Look below for the line holding "-- What a write leaves in a ramfs file." and the line holding "ramfs_write-Written fresh f". Transcribe exactly those lines and all lines between them, nothing more.

#####

-- ===== src/Fs.antt =====
-- The file systems, kernel/src/fs.
pub mod File
pub mod Tree
pub mod Vfs
mod Tests
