-- ===== src/Fs/File/ReadWrite.antt =====
-- What a write leaves in a ramfs file.
use chef_os.Prelude.{
  ℕ, suc, ◌+◌, ◌-◌, ◌^◌, ◌≤◌, ◌<◌, ◌≡◌, refl, ap, ◌∙◌, leb, ltb, ◌&&◌, true, false, List, [], ◌∷◌,
  length, get_or, arith,
}
use Prim.Native.Nat.{max}
use chef_os.Fs.File.{File, slice, read_size, ramfs_read, ramfs_write}

-- The buffer of a file is as long as the file.
abbrev pub Fits : File → Type 0
Fits f = f.length ≤ f.capacity

pub slice_lem :
    (b : ℕ → ℕ) (offset : ℕ) (bytes : List ℕ)
    → ((i : ℕ) → i < length bytes → b (offset + i) ≡ get_or bytes i 0)
    → slice b offset (length bytes) ≡ bytes
unfolding slice
slice_lem b offset [] h = refl
slice_lem b offset (x ∷ xs) h =
    let first : b offset ≡ x = ap b (omega arith) ∙ h 0 (omega arith) in
    let rest = slice_lem b (offset + 1) xs (λ i p. ap b (omega arith) ∙ h (suc i) (omega arith)) in
    rw (first, rest) refl

-- What a write does to a file: the length grows to the end of the bytes if it was lower, the buffer
-- is long enough, the bytes are there, and the others up to the old length are as before.
pub record Written (f g : File) (offset : ℕ) (bytes : List ℕ) : Type 0 where
  pub fits : Fits g
  pub long : g.length ≡ max f.length (offset + length bytes)
  pub there : ramfs_read g offset (length bytes) ≡ bytes
  pub rest :
      (i : ℕ)
      → i < f.length
      → (leb offset i && ltb i (offset + length bytes)) ≡ false
      → g.data_at i ≡ f.data_at i

-- A write of bytes, whose end is 512 or more below 2^64, makes the file at least as long as that end
-- and its buffer at least as long as the file. A read of that many bytes at the same offset returns
-- them, and all other bytes of the old file are as before, whatever a new buffer holds.
pub ramfs_write-Written :
    (fresh : ℕ → ℕ) (f : File) (offset : ℕ) (bytes : List ℕ)
    → Fits f
    → 0 < length bytes
    → offset + length bytes + 512 ≤ 2 ^ 64
    → Written f (ramfs_write fresh f offset bytes) offset bytes
unfolding ramfs_write ramfs_read
ramfs_write-Written fresh f offset bytes fits some_bytes room =
    let g = ramfs_write fresh f offset bytes in
    let short : leb g.length offset ≡ false = ground arith in
    let whole : read_size g offset (length bytes) ≡ length bytes = ground arith in
    record {
      fits = ground arith;
      long = ground arith;
      there = rw (short, whole) (slice_lem g.data_at offset bytes back);
      rest = λ i old outside. rw outside (ground arith);
    }
  where
    back :
        (i : ℕ)
        → i < length bytes
        → (ramfs_write fresh f offset bytes).data_at (offset + i) ≡ get_or bytes i 0
    back i p =
        let inside : (leb offset (offset + i) && ltb (offset + i) (offset + length bytes)) ≡ true =
          ground arith in
        let index : offset + i - offset ≡ i = omega arith in rw (inside, index) refl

#####

Solution to the exercise:
-- What a write leaves in a ramfs file.
use chef_os.Prelude.{
  ℕ, suc, ◌+◌, ◌-◌, ◌^◌, ◌≤◌, ◌<◌, ◌≡◌, refl, ap, ◌∙◌, leb, ltb, ◌&&◌, true, false, List, [], ◌∷◌,
  length, get_or, arith,
}
use Prim.Native.Nat.{max}
use chef_os.Fs.File.{File, slice, read_size, ramfs_read, ramfs_write}

-- The buffer of a file is as long as the file.
abbrev pub Fits : File → Type 0
Fits f = f.length ≤ f.capacity

pub slice_lem :
    (b : ℕ → ℕ) (offset : ℕ) (bytes : List ℕ)
    → ((i : ℕ) → i < length bytes → b (offset + i) ≡ get_or bytes i 0)
    → slice b offset (length bytes) ≡ bytes
unfolding slice
slice_lem b offset [] h = refl
slice_lem b offset (x ∷ xs) h =
    let first : b offset ≡ x = ap b (omega arith) ∙ h 0 (omega arith) in
    let rest = slice_lem b (offset + 1) xs (λ i p. ap b (omega arith) ∙ h (suc i) (omega arith)) in
    rw (first, rest) refl

-- What a write does to a file: the length grows to the end of the bytes if it was lower, the buffer
-- is long enough, the bytes are there, and the others up to the old length are as before.
pub record Written (f g : File) (offset : ℕ) (bytes : List ℕ) : Type 0 where
  pub fits : Fits g
  pub long : g.length ≡ max f.length (offset + length bytes)
  pub there : ramfs_read g offset (length bytes) ≡ bytes
  pub rest :
      (i : ℕ)
      → i < f.length
      → (leb offset i && ltb i (offset + length bytes)) ≡ false
      → g.data_at i ≡ f.data_at i

-- A write of bytes, whose end is 512 or more below 2^64, makes the file at least as long as that end
-- and its buffer at least as long as the file. A read of that many bytes at the same offset returns
-- them, and all other bytes of the old file are as before, whatever a new buffer holds.
pub ramfs_write-Written :
    (fresh : ℕ → ℕ) (f : File) (offset : ℕ) (bytes : List ℕ)
    → Fits f
    → 0 < length bytes
    → offset + length bytes + 512 ≤ 2 ^ 64
    → Written f (ramfs_write fresh f offset bytes) offset bytes
unfolding ramfs_write ramfs_read
ramfs_write-Written fresh f offset bytes fits some_bytes room =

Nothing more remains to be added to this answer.